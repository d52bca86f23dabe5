-- ===== src/Loans/Return.antt =====
-- Return of a copy (`loans_return`, src/repository/loans/mutations.rs). `now` is the one instant of
-- a call and `ready_days` the configured pickup window. Of the rows joined for the answer the
-- parts that the rules read are kept.
pub mod Laws
pub mod Soundness
use elidune_server.Prelude.{
  ℕ, ◌+◌, String, str_eq, Bool, true, false, ◌&&◌, ◌||◌, Option, none, some, List, [], ◌∷◌, ◌++◌,
  ◌==◌, ltb, if◌then◌else◌, is_some, is_none, unwrap_or, and_then,
}
use elidune_server.Prelude.Int.{ℤ, pos, ◌+ℤ◌, leb_ℤ}
use elidune_server.Prelude.Table.{select_first, count_where, update_where, delete_where}
use elidune_server.Error.{
  Result, ok, err, literal, loan_not_found, no_active_loan_for, max_total_and_media, max_total,
  max_media, max_renewals, not_found, bad_request, business_rule, database, row_not_found, ok_or,
  fail_if, Message,
}
use elidune_server.Rights.{DateTime, User}
use elidune_server.Db.{
  Db, Item, Biblio, Loan, LoanArchive, Hold, Action, pure, throw, reads, lift, modify, transaction,
  ◌>>=◌, ◌>>◌,
}
use elidune_server.Holds.{
  days, holds_notify_next_tx, eligible_borrower, holds_fulfill_active_for_user_item_tx,
  holds_cancel_active_for_item_tx,
}
use elidune_server.Loans.Settings.{
  Resolved, resolve_loan_settings, at_due_date, LoanSettingsRenewAt,
}
use elidune_server.Loans.Rows.{
  has_id, open_for_item, open_for_user, user_row, item_biblio, public_type_of, loans_get_by_id,
  is_barcode,
}

pub record LoanDetails : Type 0 where
  pub id : ℕ
  pub item_id : ℕ
  pub start_date : DateTime
  pub expiry_at : DateTime
  pub renewal_date : Option DateTime
  pub nb_renews : ℤ
  pub returned_at : Option DateTime
  pub biblio : Biblio
  pub user : Option ℕ
  pub item_identification : Option String
  pub is_overdue : Bool

pub record LoanReturnOutcome : Type 0 where
  pub details : LoanDetails
  pub readied_hold : Option Hold

abbrev pub archive_of : DateTime → Loan → Option User → LoanArchive
archive_of now loan user = record {
  user_id = loan.user_id;
  item_id = loan.item_id;
  date = loan.date;
  nb_renews = loan.nb_renews;
  expiry_at = loan.expiry_at;
  returned_at = some now;
  notes = loan.notes;
  borrower_public_type = and_then user (λ u. u.public_type);
  addr_city = and_then user (λ u. u.addr_city);
  account_type = elim user [ none ↦ none | some u ↦ some u.account_type ];
}

abbrev details_of : DateTime → Loan → Item × Biblio → Option User → LoanDetails
details_of now loan row user = record {
  id = loan.id;
  item_id = loan.item_id;
  start_date = loan.date;
  expiry_at = unwrap_or now loan.expiry_at;
  renewal_date = loan.renew_at;
  nb_renews = unwrap_or (pos 0) loan.nb_renews;
  returned_at = some now;
  biblio = row.1;
  user = elim user [ none ↦ none | some u ↦ some u.id ];
  item_identification = (row.0).barcode;
  is_overdue = false;
}

abbrev pub archive_loan : DateTime → Loan → Db → Db
archive_loan now loan db = record db {
  loans_archives = db.loans_archives ++ archive_of now loan (user_row loan.user_id db) ∷ [];
  loans = delete_where (has_id loan.id) db.loans;
}

-- The transaction of a return: archive, delete, wake the next hold.
unfoldable pub close_loan : DateTime → ℤ → Loan → Action (Option Hold)
unfolding transaction
close_loan now ready_days loan =
    transaction
      (do modify (archive_loan now loan); holds_notify_next_tx now ready_days loan.item_id)

-- The rows for the answer are read after the commit.
unfoldable pub loans_return : DateTime → ℤ → ℕ → Action LoanReturnOutcome
unfolding close_loan
loans_return now ready_days loan_id = do
  loan ← loans_get_by_id loan_id
  lift (fail_if (is_some loan.returned_at) (business_rule (literal "Loan already returned")))
  readied ← close_loan now ready_days loan
  row ← reads (λ db. ok_or (database row_not_found) (item_biblio loan.item_id db))
  user ← reads (λ db. ok (user_row loan.user_id db))
  pure (record { details = details_of now loan row user; readied_hold = readied })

════════

* HOW TO COMPLETE THIS TASK:
From the material above, return every line that contains "DateTime".

* RESULT OF THIS TASK:
use elidune_server.Rights.{DateTime, User}
  pub start_date : DateTime
  pub expiry_at : DateTime
  pub renewal_date : Option DateTime
  pub returned_at : Option DateTime
abbrev pub archive_of : DateTime → Loan → Option User → LoanArchive
abbrev details_of : DateTime → Loan → Item × Biblio → Option User → LoanDetails
abbrev pub archive_loan : DateTime → Loan → Db → Db
unfoldable pub close_loan : DateTime → ℤ → Loan → Action (Option Hold)
unfoldable pub loans_return : DateTime → ℤ → ℕ → Action LoanReturnOutcome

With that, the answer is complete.